ALEXANDER CAMPBELL / LONDON

Department of Defense presses on with recovery action as manufacturers appeal

The US Department of Defense is threatening to cut off payments to Boeing and General Dynamics after they refused last week to repay $2.3 billion owed from the cancelled A-12 Avenger programme.

The government gave the two contractors until 30 September to repay $1.15 billion each, but both refused. The Pentagon says that, while "the optimal way is for them to pay us in cash...if the companies do not pay, we can arrange a set-off deal against existing contracts". This would see payments to the two companies for current programmes being suspended.

Negotiations on the method of payment continue, with the Pentagon understood to have rejected an offer of payment in kind, in free engineering improvements and extra aircraft on existing contracts.

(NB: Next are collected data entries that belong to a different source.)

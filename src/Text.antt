-- ===== src/Text.antt =====
-- Texts as lists of bytes, and what the sources use of the C library on them: C strings, sscanf,
-- snprintf, strstr and `std::string::find`.
pub mod Scan
pub mod Print
pub mod Laws
pub mod Search
pub mod Words
use Prim.Native.Char.{code}
use Prim.Native.String.{String}
use stream_sight.Base.{
  ℕ, Bool, true, not, List, [], ◌∷◌, if◌then◌else◌, ◌==◌, ◌&&◌, Option, some, none,
}
use stream_sight.Net.BufferReader.Search.{search}

abbrev pub Text : Type 0
Text = List ℕ

-- The bytes of a literal.
abbrev pub codes : String → Text
codes String.[] = []
codes (String.◌∷◌ c s) = code c ∷ codes s

-- The longest part in front whose bytes pass the test, and the rest.
unfoldable pub span : (ℕ → Bool) → Text → Text × Text
span test [] = ([], [])
span test (c ∷ s) =
    let later = span test s in if test c then (c ∷ later.0, later.1) else ([], c ∷ s)

-- `c_str()` as its reader sees it: up to the first NUL.
unfoldable pub c_str : Text → Text
unfolding span
c_str s = (span (λ c. not (c == 0)) s).0

-- `std::string ==`, `strcmp(…) == 0`
unfoldable pub text_eq : Text → Text → Bool
text_eq [] [] = true
text_eq (x ∷ xs) (y ∷ ys) = x == y && text_eq xs ys
text_eq _ _ = Bool.false

-- `find(…) != npos`, `strstr(…) != NULL`
unfoldable pub contains : Text → Text → Bool
contains p s = elim (search p s) [ none ↦ Bool.false | some at ↦ true ]
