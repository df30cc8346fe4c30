-- ===== src/Rtsp/RtspMessage.antt =====
-- src/rtsp/RtspMessage.h and RtspMessage.cpp, RtspRequest: what the server keeps of a request. A map
-- that is keyed by constant names is a record with a field per name. What goes beyond an array or a text
-- is a fault.
pub mod RequestLine
pub mod HeaderLines
pub mod Request
pub mod Respond
pub mod Response
pub mod Faults
pub mod Laws
pub mod Url
pub mod Stages
pub mod DescribeHeaders
pub mod DescribeLine
pub mod RoundTrip
mod Tests
use stream_sight.Base.{
  ℕ, ◌%◌, ◌^◌, Bool, true, false, Option, none, some, List, [], ◌∷◌, if◌then◌else◌,
}
use stream_sight.Rtsp.RtpConnection.{TransportMode}
use stream_sight.Text.{Text}

pub data Method : Type 0 where
  options describe setup play teardown get_parameter rtcp no_method : Method

pub data ParseState : Type 0 where
  parse_request_line parse_headers_line got_all : ParseState

pub record RequestLineParam : Type 0 where
  pub url : Option Text
  pub url_ip : Option Text
  pub url_port : Option ℕ
  pub url_suffix : Option Text
  pub version : Option Text
  pub method_name : Option Text

pub record HeaderLineParam : Type 0 where
  pub cseq : Option ℕ
  pub rtp_channel : Option ℕ
  pub rtcp_channel : Option ℕ
  pub rtp_port : Option ℕ
  pub rtcp_port : Option ℕ

pub record RtspRequest : Type 0 where
  pub method : Method
  pub channel_id : ℕ
  pub transport : TransportMode
  pub auth_response : Text
  pub request_line_param : RequestLineParam
  pub header_line_param : HeaderLineParam
  pub state : ParseState

-- A write past the end of an array, a call through a null pointer, and `std::out_of_range` that nobody catches.
pub data Fault : Type 0 where
  array_overrun substr_out_of_range null_pointer : Fault

pub data Result {ℓ} (A : Type ℓ) : Type ℓ where
  ok : A → Result A
  fault : Fault → Result A

infixl 5 ◌>>=◌
abbrev pub ◌>>=◌ {ℓ κ} : {A : Type ℓ} {B : Type κ} → Result A → (A → Result B) → Result B
ok a >>= f = f a
fault why >>= f = fault why

-- `emplace` keeps what is there.
abbrev pub emplace {ℓ} : {A : Type ℓ} → Option A → A → Option A
emplace none a = some a
emplace (some old) a = some old

abbrev pub or_else {ℓ} : {A : Type ℓ} → Option A → A → A
or_else none a = a
or_else (some b) a = b

abbrev pub no_request_line : RequestLineParam
no_request_line = record {
  url = none;
  url_ip = none;
  url_port = none;
  url_suffix = none;
  version = none;
  method_name = none;
}

abbrev pub no_header_line : HeaderLineParam
no_header_line = record {
  cseq = none;
  rtp_channel = none;
  rtcp_channel = none;
  rtp_port = none;
  rtcp_port = none;
}

-- The members that no initializer sets are arguments.
unfoldable pub create : Method → ℕ → TransportMode → RtspRequest
create method channel_id transport = record {
  method = method;
  channel_id = channel_id;
  transport = transport;
  auth_response = [];
  request_line_param = no_request_line;
  header_line_param = no_header_line;
  state = parse_request_line;
}

unfoldable pub reset : RtspRequest → RtspRequest
reset r = record r {
  state = parse_request_line;
  request_line_param = no_request_line;
  header_line_param = no_header_line;
}

abbrev is_got_all : ParseState → Bool
is_got_all got_all = true
is_got_all _ = false

abbrev pub has_got_all : RtspRequest → Bool
has_got_all r = is_got_all r.state

abbrev pub get_cseq : RtspRequest → ℕ
get_cseq r = or_else r.header_line_param.cseq 0

abbrev pub get_ip : RtspRequest → Text
get_ip r = or_else r.request_line_param.url_ip []

abbrev pub get_rtsp_url : RtspRequest → Text
get_rtsp_url r = or_else r.request_line_param.url []

abbrev pub get_rtsp_url_suffix : RtspRequest → Text
get_rtsp_url_suffix r = or_else r.request_line_param.url_suffix []

-- `uint8_t`
abbrev pub get_rtp_channel : RtspRequest → ℕ
get_rtp_channel r = or_else r.header_line_param.rtp_channel 0 % 2 ^ 8

abbrev pub get_rtcp_channel : RtspRequest → ℕ
get_rtcp_channel r = or_else r.header_line_param.rtcp_channel 0 % 2 ^ 8

-- `uint16_t`
abbrev pub get_rtp_port : RtspRequest → ℕ
get_rtp_port r = or_else r.header_line_param.rtp_port 0 % 2 ^ 16

abbrev pub get_rtcp_port : RtspRequest → ℕ
get_rtcp_port r = or_else r.header_line_param.rtcp_port 0 % 2 ^ 16
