-- ===== src/Text/Scan.antt =====
-- The conversions of `sscanf`. A format is the chain of its conversions; a conversion that does not
-- match ends it. An array of `n` bytes holds a word of less than `n` bytes; a longer one is written past the
-- end, which `sscanf` does not prevent. Numbers are read as glibc reads them: `strtoul`, then cut.
use stream_sight.Base.{
  ℕ, ◌+◌, ◌-◌, ◌*◌, ◌%◌, ◌^◌, Bool, true, false, not, ◌&&◌, ◌||◌, [], ◌∷◌, if◌then◌else◌, ltb, leb,
  ◌==◌, length,
}
use stream_sight.Text.{Text, span}

pub data Scanned {ℓ} (A : Type ℓ) : Type ℓ where
  matched : A → Scanned A
  mismatch overrun : Scanned A

infixl 5 ◌>>=◌
abbrev pub ◌>>=◌ {ℓ κ} : {A : Type ℓ} {B : Type κ} → Scanned A → (A → Scanned B) → Scanned B
matched a >>= f = f a
mismatch >>= f = mismatch
overrun >>= f = overrun

abbrev pub is_space : ℕ → Bool
is_space c = c == b' ' || (leb 9 c && leb c 13)

abbrev pub is_digit : ℕ → Bool
is_digit c = leb b'0' c && leb c b'9'

unfoldable pub skip_space : Text → Text
unfolding span
skip_space s = (span is_space s).1

unfoldable pub non_empty : Text × Text → Scanned (Text × Text)
non_empty ([], rest) = mismatch
non_empty (c ∷ w, rest) = matched (c ∷ w, rest)

-- `%[^c]`
unfoldable pub set_not : ℕ → Text → Scanned (Text × Text)
set_not c s = non_empty (span (λ x. not (x == c)) s)

-- `%s`
unfoldable pub word : Text → Scanned (Text × Text)
word s = non_empty (span (λ x. not (is_space x)) (skip_space s))

-- A byte of the format that stands for itself.
unfoldable pub literal : ℕ → Text → Scanned Text
literal c [] = mismatch
literal c (x ∷ s) = if x == c then matched s else mismatch

-- The word is stored in `char dst[size]`, with its NUL.
unfoldable pub store : ℕ → Text × Text → Scanned (Text × Text)
store size (w, rest) = if ltb (length w) size then matched (w, rest) else overrun

unfoldable pub number : ℕ → Text → ℕ × Text
number n [] = (n, [])
number n (c ∷ s) =
    let later = number (n * 10 + (c - b'0')) s in if is_digit c then later else (n, c ∷ s)

unfoldable pub to_width : Bool → ℕ → ℕ → ℕ
to_width negative bits n =
    if ltb (2 ^ 64 - 1) n
    then (2 ^ 64 - 1) % 2 ^ bits
    else if negative
    then (2 ^ 64 - n) % 2 ^ bits
    else n % 2 ^ bits

unfoldable pub magnitude : Bool → ℕ → Text → Scanned (ℕ × Text)
magnitude negative bits [] = mismatch
magnitude negative bits (c ∷ s) =
    let (n, rest) = number 0 (c ∷ s) in
    if is_digit c then matched (to_width negative bits n, rest) else mismatch

unfoldable pub signed : ℕ → Text → Scanned (ℕ × Text)
signed bits [] = mismatch
signed bits (c ∷ s) =
    if c == b'-'
    then magnitude true bits s
    else if c == b'+'
    then magnitude false bits s
    else magnitude false bits (c ∷ s)

-- `%u` with 32 bits, `%hu` with 16.
unfoldable pub unsigned : ℕ → Text → Scanned (ℕ × Text)
unsigned bits s = signed bits (skip_space s)
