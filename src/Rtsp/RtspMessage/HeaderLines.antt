-- ===== src/Rtsp/RtspMessage/HeaderLines.antt =====
-- The conversions on the header lines in src/rtsp/RtspMessage.cpp.
use stream_sight.Base.{ℕ, Option, none, some, drop}
use stream_sight.Net.BufferReader.Search.{search}
use stream_sight.Text.Scan.{Scanned, matched, ◌>>=◌, set_not, literal, unsigned, skip_space}
use stream_sight.Text.{Text, c_str}

-- "%*[^:]: %u"
unfoldable pub scan_value : Text → Scanned ℕ
scan_value s = do
  name ← set_not b':' (c_str s)
  s ← literal b':' name.1
  value ← unsigned 32 (skip_space s)
  matched value.0

-- "%*[^;];%*[^;];%*[^=]=%hu-%hu"
unfoldable pub scan_pair : Text → Scanned (ℕ × ℕ)
scan_pair s = do
  profile ← set_not b';' (c_str s)
  s ← literal b';' profile.1
  cast ← set_not b';' s
  s ← literal b';' cast.1
  name ← set_not b'=' s
  s ← literal b'=' name.1
  rtp ← unsigned 16 s
  s ← literal b'-' rtp.1
  rtcp ← unsigned 16 s
  matched (rtp.0, rtcp.0)

-- The text from where the pattern is found.
unfoldable pub from_found : Text → Text → Option Text
from_found p s = elim (search p s) [ none ↦ none | some pos ↦ some (drop pos s) ]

The US Court of Federal Claims ruled last year that the US Navy, which originally ordered the aircraft as a replacement for its Grumman A-6 Intruder bombers, was right to cancel the programme and could proceed to recover its money - $1.3 billion spent by the navy, plus $1 billion in interest accumulated since the cancellation in 1991 (Flight International, 18-24 September, 2001). Both contractors have appealed, but the Pentagon is confident its recovery action is legal: "It has been cleared by the Department of the Navy, the Department of Justice and the Pentagon's own legal staff."

Boeing says the Pentagon has no grounds for its claim, as the original contractor was McDonnell Douglas, which merged with Boeing in 1997 - although the Pentagon believes the parties involved "are the appropriate ones". General Dynamics' military aircraft division was acquired by Lockheed Martin in 1992, but liability for the A-12 stayed with the parent company.